A few months ago on social media, I saw a post that was sharing the loss of a loved one. This person simply wrote about why they loved this person and admitted that is seemed too early, but then quickly affirmed that God’s plans are greater. I felt anger rise up in me. For the rest of the day, I couldn’t quite shake this feeling that brought up my own pain and grief. Similarly, this summer I was at an event catching up with some people that I hadn’t seen for awhile. We were giving each other life updates. Some shared a few disappointments, struggles, and hopes for the future, but then immediately responded with “but whatever is God’s will.” I heard this at least three times in one night from completely separate people. Once again, I was upset and bothered by this statement.
I used to admire these people. I used to ask what was wrong with me and my faith that I couldn’t simply trust in God’s will for my life. Instead, I have always been the one questioning God. I have been the one doubting His “will.” I have been the one screaming and angry at Him when both of my parents passed at such a young age. I have been the one ready to walk away from God altogether as I have watched the world groan and suffer through horrific things over and over again. Why can’t I simply say “but whatever is God’s will?”

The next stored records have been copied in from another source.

-- ===== src/State/Invariant/Reachable.antt =====
-- state.rs: the states that the operations lead to, from the empty one on. Each operation is one
-- step; `live` may be different at each.
use rust_http3_gateway.Prelude.{ℕ, ℤ, Bool, String, List, Option, Unicode}
use rust_http3_gateway.Routes.Types.{RelayAuthorizationSpec}
use rust_http3_gateway.State.Types.{GatewayState, RelayContextSnapshot, new}
use rust_http3_gateway.State.Pending.{
  take_pending_for_subjects, requeue_for_subjects, buffer_latest_for_subjects,
}
use rust_http3_gateway.State.RequestRoutes.{
  bind_request_route, clear_request_route, resolve_request_route,
}
use rust_http3_gateway.State.Sessions.{unregister_connection, evict_connection, register_connection}
use rust_http3_gateway.State.Readiness.{
  mark_session_ready, mark_connection_alive, prune_stale_connections,
}
use rust_http3_gateway.State.Dispatch.{send_to_subjects, send_to_connection}
use rust_http3_gateway.State.RelayContexts.{apply_relay_context_snapshot}
use rust_http3_gateway.State.RelayAuth.{authorize_relay_hotpath}
use rust_http3_gateway.State.Invariant.{
  IsWellFormed, take_pending_for_subjects-IsWellFormed, requeue_for_subjects-IsWellFormed,
  buffer_latest_for_subjects-IsWellFormed, bind_request_route-IsWellFormed,
  clear_request_route-IsWellFormed, resolve_request_route-IsWellFormed,
}
use rust_http3_gateway.State.Invariant.Connections.{
  unregister_connection-IsWellFormed, evict_connection-IsWellFormed,
  register_connection-IsWellFormed, mark_session_ready-IsWellFormed,
  mark_connection_alive-IsWellFormed, prune_stale_connections-IsWellFormed,
}
use rust_http3_gateway.State.Invariant.Messages.{
  send_to_subjects-IsWellFormed, send_to_connection-IsWellFormed,
}
use rust_http3_gateway.State.Invariant.Relay.{
  apply_relay_context_snapshot-IsWellFormed, authorize_relay_hotpath-IsWellFormed,
}

module _ ⦃u : Unicode⦄ where
  -- One call of an operation that changes the state.
  pub data Step (s : GatewayState) : GatewayState → Type 0 where
    registers :
        (live : ℕ → Bool) (id user_id instance_id : String) (subjects : List String)
        (connected_at now_ts : ℤ)
        → Step s (register_connection live s id user_id instance_id subjects connected_at now_ts).0
    unregisters : (id : String) → Step s (unregister_connection s id).0
    evicts :
        (live : ℕ → Bool) (id : String) (reason : Option (ℕ × String))
        → Step s (evict_connection live s id reason).0
    is_ready :
        (live : ℕ → Bool) (id user_id : String) (now_ts : ℤ)
        → Step s (mark_session_ready live s id user_id now_ts).0
    is_alive : (id : String) (timestamp : ℤ) → Step s (mark_connection_alive s id timestamp)
    prunes :
        (now_ts stale_after_seconds : ℤ)
        → Step s (prune_stale_connections s now_ts stale_after_seconds).0
    sends_to_subjects :
        (live : ℕ → Bool) (subjects : List String) (message : String) (buffer : Bool)
        (sticky_key : Option String) (buffered_at requeued_at : ℤ)
        → Step s
            (send_to_subjects live s subjects message buffer sticky_key buffered_at requeued_at).0
    sends_to_connection :
        (live : ℕ → Bool) (id message : String) → Step s (send_to_connection live s id message).0
    takes :
        (subjects : List String) (now_ts : ℤ)
        → Step s (take_pending_for_subjects s subjects now_ts).0
    requeues :
        (subjects : List String) (message : String) (now_ts : ℤ)
        → Step s (requeue_for_subjects s subjects message now_ts)
    buffers :
        (subjects : List String) (message key : String) (now_ts : ℤ)
        → Step s (buffer_latest_for_subjects s subjects message key now_ts)
    binds :
        (request_id connection_id user_id : String) (now_ts : ℤ)
        → Step s (bind_request_route s request_id connection_id user_id now_ts)
    clears : (request_id : String) → Step s (clear_request_route s request_id)
    resolves :
        (request_id : String) (subjects : List String) (now_ts : ℤ)
        → Step s (resolve_request_route s request_id subjects now_ts).0
    applies :
        (snapshot : RelayContextSnapshot) (now_ts : ℤ)
        → Step s (apply_relay_context_snapshot s snapshot now_ts)
    authorizes :
        (sender command : String) (spec : RelayAuthorizationSpec) (key : String)
        (targets : List String) (replay_nonce : Option String) (size : Option ℕ) (now_ts : ℤ)
        → Step s
            (authorize_relay_hotpath s sender command spec key targets replay_nonce size now_ts).0

  Step-IsWellFormed : {s t : GatewayState} → Step s t → IsWellFormed s → IsWellFormed t
  Step-IsWellFormed {s} (registers live id user_id instance_id subjects connected_at now_ts) h =
      register_connection-IsWellFormed live s id user_id instance_id subjects connected_at now_ts h
  Step-IsWellFormed {s} (unregisters id) h = unregister_connection-IsWellFormed s id h
  Step-IsWellFormed {s} (evicts live id reason) h = evict_connection-IsWellFormed live s id reason h
  Step-IsWellFormed {s} (is_ready live id user_id now_ts) h =
      mark_session_ready-IsWellFormed live s id user_id now_ts h
  Step-IsWellFormed {s} (is_alive id timestamp) h =
      mark_connection_alive-IsWellFormed s id timestamp h
  Step-IsWellFormed {s} (prunes now_ts stale_after_seconds) h =
      prune_stale_connections-IsWellFormed s now_ts stale_after_seconds h
  Step-IsWellFormed {s} (sends_to_subjects live subjects message buffer key buffered_at requeued_at)
        h =
      send_to_subjects-IsWellFormed live s subjects message buffer key buffered_at requeued_at h
  Step-IsWellFormed {s} (sends_to_connection live id message) h =
      send_to_connection-IsWellFormed live s id message h
  Step-IsWellFormed {s} (takes subjects now_ts) h =
      take_pending_for_subjects-IsWellFormed s subjects now_ts h
  Step-IsWellFormed {s} (requeues subjects message now_ts) h =
      requeue_for_subjects-IsWellFormed s subjects message now_ts h
  Step-IsWellFormed {s} (buffers subjects message key now_ts) h =
      buffer_latest_for_subjects-IsWellFormed s subjects message key now_ts h
  Step-IsWellFormed {s} (binds request_id connection_id user_id now_ts) h =
      bind_request_route-IsWellFormed s request_id connection_id user_id now_ts h
  Step-IsWellFormed {s} (clears request_id) h = clear_request_route-IsWellFormed s request_id h
  Step-IsWellFormed {s} (resolves request_id subjects now_ts) h =
      resolve_request_route-IsWellFormed s request_id subjects now_ts h
  Step-IsWellFormed {s} (applies snapshot now_ts) h =
      apply_relay_context_snapshot-IsWellFormed s snapshot now_ts h
  Step-IsWellFormed {s} (authorizes sender command spec key targets replay_nonce size now_ts) h =
      authorize_relay_hotpath-IsWellFormed s sender command spec key targets replay_nonce size
        now_ts h

  -- What any sequence of operations makes of a new state.
  pub data Reachable : GatewayState → Type 0 where
    starts : (max : Option ℕ) → Reachable (new max)
    continues : {s t : GatewayState} → Reachable s → Step s t → Reachable t

  -- In every state that operations lead to from a new one, each connection is found at its
  -- subjects, no queue is over its limit, the keys of the connections, of the routes and of the
  -- replay cache are distinct, and the relay contexts belong to their subjects and have distinct
  -- operation keys.
  pub Reachable-IsWellFormed : (s : GatewayState) → Reachable s → IsWellFormed s
  unfolding new
  Reachable-IsWellFormed s (starts max) = (tt, tt, tt, tt, tt, tt, tt)
  Reachable-IsWellFormed s (continues {s = t} r step) =
      Step-IsWellFormed step (Reachable-IsWellFormed t r)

These people aren’t wrong in saying these statements, as long as they aren’t using it to hide what they are really feeling. It felt like they quickly bypassed the hard parts to make sure I knew they trusted God’s will. We all have ways to avoid what is hurting us, and I believe Christians are sometimes afraid to really struggle through their pain with God. It is scary! We are afraid if we come before God with our true feelings with no filter we might be admitting we don’t trust Him. What if He doesn’t love us anymore? What if I am not really a believer? This is exactly how I felt after I lost my mom, and often other Christians made me feel this way too. With a deep sigh, I will even admit I have cussed out God a few times. I have told Him I am done. I have wrestled with Him over and over again about the pain in this life. This is a terrifying place to be, but sometimes that is exactly the place we need to be.
We cannot deny that throughout the Bible people wrestled and struggled with God. Have you ever read the book of Psalms or Job?! These people cried out to God. They demanded answers from Him. They were raw and honest about how they felt. Even Jesus, as he was dying on the cross, asked, “My God, My God, why have you forsaken me?” (Matthew 27:46). God didn’t abandon them after they did this. No, He showed up even in stronger ways, and they grew from it. When we can articulate our grief and pain we are speaking truth and exhibiting healthy grief. If we miss this in our faith, we will take the messy, humanness out of it. We can’t truly have a close relationship with God unless we are first honest with Him. God can handle all of your emotions, even anger and sadness. He invites you to bring that to him.
My Christian faith has been the most comforting thing through my grief and pain, but also has caused some of the most lonely and confusing times during it as well. It seems that the Christian church and culture are afraid of pain. We may preach a sermon around pain here or there, but there is no real room for questions, doubting, anger, and down right struggle. It seems like you either have complete faith or you don’t have faith at all, and there is no “in between.” I have lived often in the between stage, even as I pursed education and a career in ministry, and I can tell you it is there that God truly grows you. I can tell you I am still often in the “in between,” but it is there that I feel like I have a real and honest relationship with God. Maybe it is in this area that real faith is being born. Maybe we should be slower to respond “Your will be done” in pain, and quicker to ask, “Why have you forsaken me?” Maybe that is exactly God’s will.